TASK DESCRIPTION ▸
Work out the number of lines in the listing below that include "RetinaPort", and answer with it alone.

*** DATA SHOWN Section Begins ***

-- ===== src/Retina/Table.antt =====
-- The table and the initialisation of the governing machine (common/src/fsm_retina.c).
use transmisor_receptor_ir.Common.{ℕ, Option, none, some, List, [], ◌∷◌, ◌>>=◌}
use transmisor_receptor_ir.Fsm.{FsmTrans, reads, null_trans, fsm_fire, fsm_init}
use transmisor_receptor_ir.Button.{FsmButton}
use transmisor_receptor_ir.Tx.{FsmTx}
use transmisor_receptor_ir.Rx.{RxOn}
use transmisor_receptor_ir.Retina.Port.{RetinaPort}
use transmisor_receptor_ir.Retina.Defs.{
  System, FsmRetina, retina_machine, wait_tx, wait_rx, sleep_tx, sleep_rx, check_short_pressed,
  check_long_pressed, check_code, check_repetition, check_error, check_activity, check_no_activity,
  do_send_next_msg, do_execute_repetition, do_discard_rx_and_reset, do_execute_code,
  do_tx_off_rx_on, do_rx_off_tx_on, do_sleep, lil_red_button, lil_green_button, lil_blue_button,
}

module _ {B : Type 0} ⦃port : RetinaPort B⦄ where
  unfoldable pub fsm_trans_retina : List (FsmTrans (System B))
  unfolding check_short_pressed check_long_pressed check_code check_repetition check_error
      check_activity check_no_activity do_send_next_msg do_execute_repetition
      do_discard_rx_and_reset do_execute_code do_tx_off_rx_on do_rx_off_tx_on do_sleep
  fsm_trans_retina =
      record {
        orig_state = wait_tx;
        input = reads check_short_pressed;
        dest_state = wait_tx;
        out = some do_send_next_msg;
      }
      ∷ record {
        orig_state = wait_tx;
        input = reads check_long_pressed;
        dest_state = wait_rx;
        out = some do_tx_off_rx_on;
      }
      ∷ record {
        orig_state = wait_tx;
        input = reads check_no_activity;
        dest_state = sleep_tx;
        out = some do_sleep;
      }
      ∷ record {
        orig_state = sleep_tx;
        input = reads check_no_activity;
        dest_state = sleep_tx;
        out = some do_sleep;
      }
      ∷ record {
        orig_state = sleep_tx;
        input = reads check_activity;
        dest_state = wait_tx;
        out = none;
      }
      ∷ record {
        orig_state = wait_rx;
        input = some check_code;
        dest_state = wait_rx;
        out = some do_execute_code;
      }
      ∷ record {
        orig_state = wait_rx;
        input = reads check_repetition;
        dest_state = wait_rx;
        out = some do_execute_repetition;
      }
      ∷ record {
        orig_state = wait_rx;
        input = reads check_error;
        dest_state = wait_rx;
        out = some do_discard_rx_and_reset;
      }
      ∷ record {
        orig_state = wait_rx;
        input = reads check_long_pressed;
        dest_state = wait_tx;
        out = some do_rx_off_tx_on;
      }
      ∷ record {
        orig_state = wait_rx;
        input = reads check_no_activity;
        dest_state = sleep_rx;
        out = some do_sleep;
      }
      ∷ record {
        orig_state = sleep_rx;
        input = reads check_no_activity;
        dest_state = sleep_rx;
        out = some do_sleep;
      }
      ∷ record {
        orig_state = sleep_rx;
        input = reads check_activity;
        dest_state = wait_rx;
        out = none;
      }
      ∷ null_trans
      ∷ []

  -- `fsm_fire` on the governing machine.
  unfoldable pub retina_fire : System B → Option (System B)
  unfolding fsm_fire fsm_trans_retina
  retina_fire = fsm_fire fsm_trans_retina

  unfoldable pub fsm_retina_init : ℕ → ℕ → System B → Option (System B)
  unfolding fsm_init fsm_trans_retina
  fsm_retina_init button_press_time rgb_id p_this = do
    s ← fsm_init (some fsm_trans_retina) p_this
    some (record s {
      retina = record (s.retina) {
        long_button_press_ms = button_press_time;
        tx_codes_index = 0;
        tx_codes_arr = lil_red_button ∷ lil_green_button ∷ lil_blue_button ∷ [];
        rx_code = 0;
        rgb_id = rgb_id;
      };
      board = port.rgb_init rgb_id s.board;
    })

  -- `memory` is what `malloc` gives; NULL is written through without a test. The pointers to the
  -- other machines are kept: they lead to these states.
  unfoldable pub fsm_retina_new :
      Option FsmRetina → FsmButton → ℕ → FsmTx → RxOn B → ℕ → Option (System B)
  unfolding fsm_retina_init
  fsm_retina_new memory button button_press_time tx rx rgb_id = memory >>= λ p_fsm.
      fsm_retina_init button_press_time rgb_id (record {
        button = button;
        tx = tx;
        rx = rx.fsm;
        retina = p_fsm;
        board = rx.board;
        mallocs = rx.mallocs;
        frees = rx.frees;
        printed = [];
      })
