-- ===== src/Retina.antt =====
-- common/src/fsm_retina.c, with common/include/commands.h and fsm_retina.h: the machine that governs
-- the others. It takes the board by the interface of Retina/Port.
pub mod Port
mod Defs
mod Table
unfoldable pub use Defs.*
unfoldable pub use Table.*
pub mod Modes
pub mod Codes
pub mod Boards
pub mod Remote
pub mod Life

*** DATA SHOWN Section Ends ***

RESPONSE TO THE EXERCISE ▸
2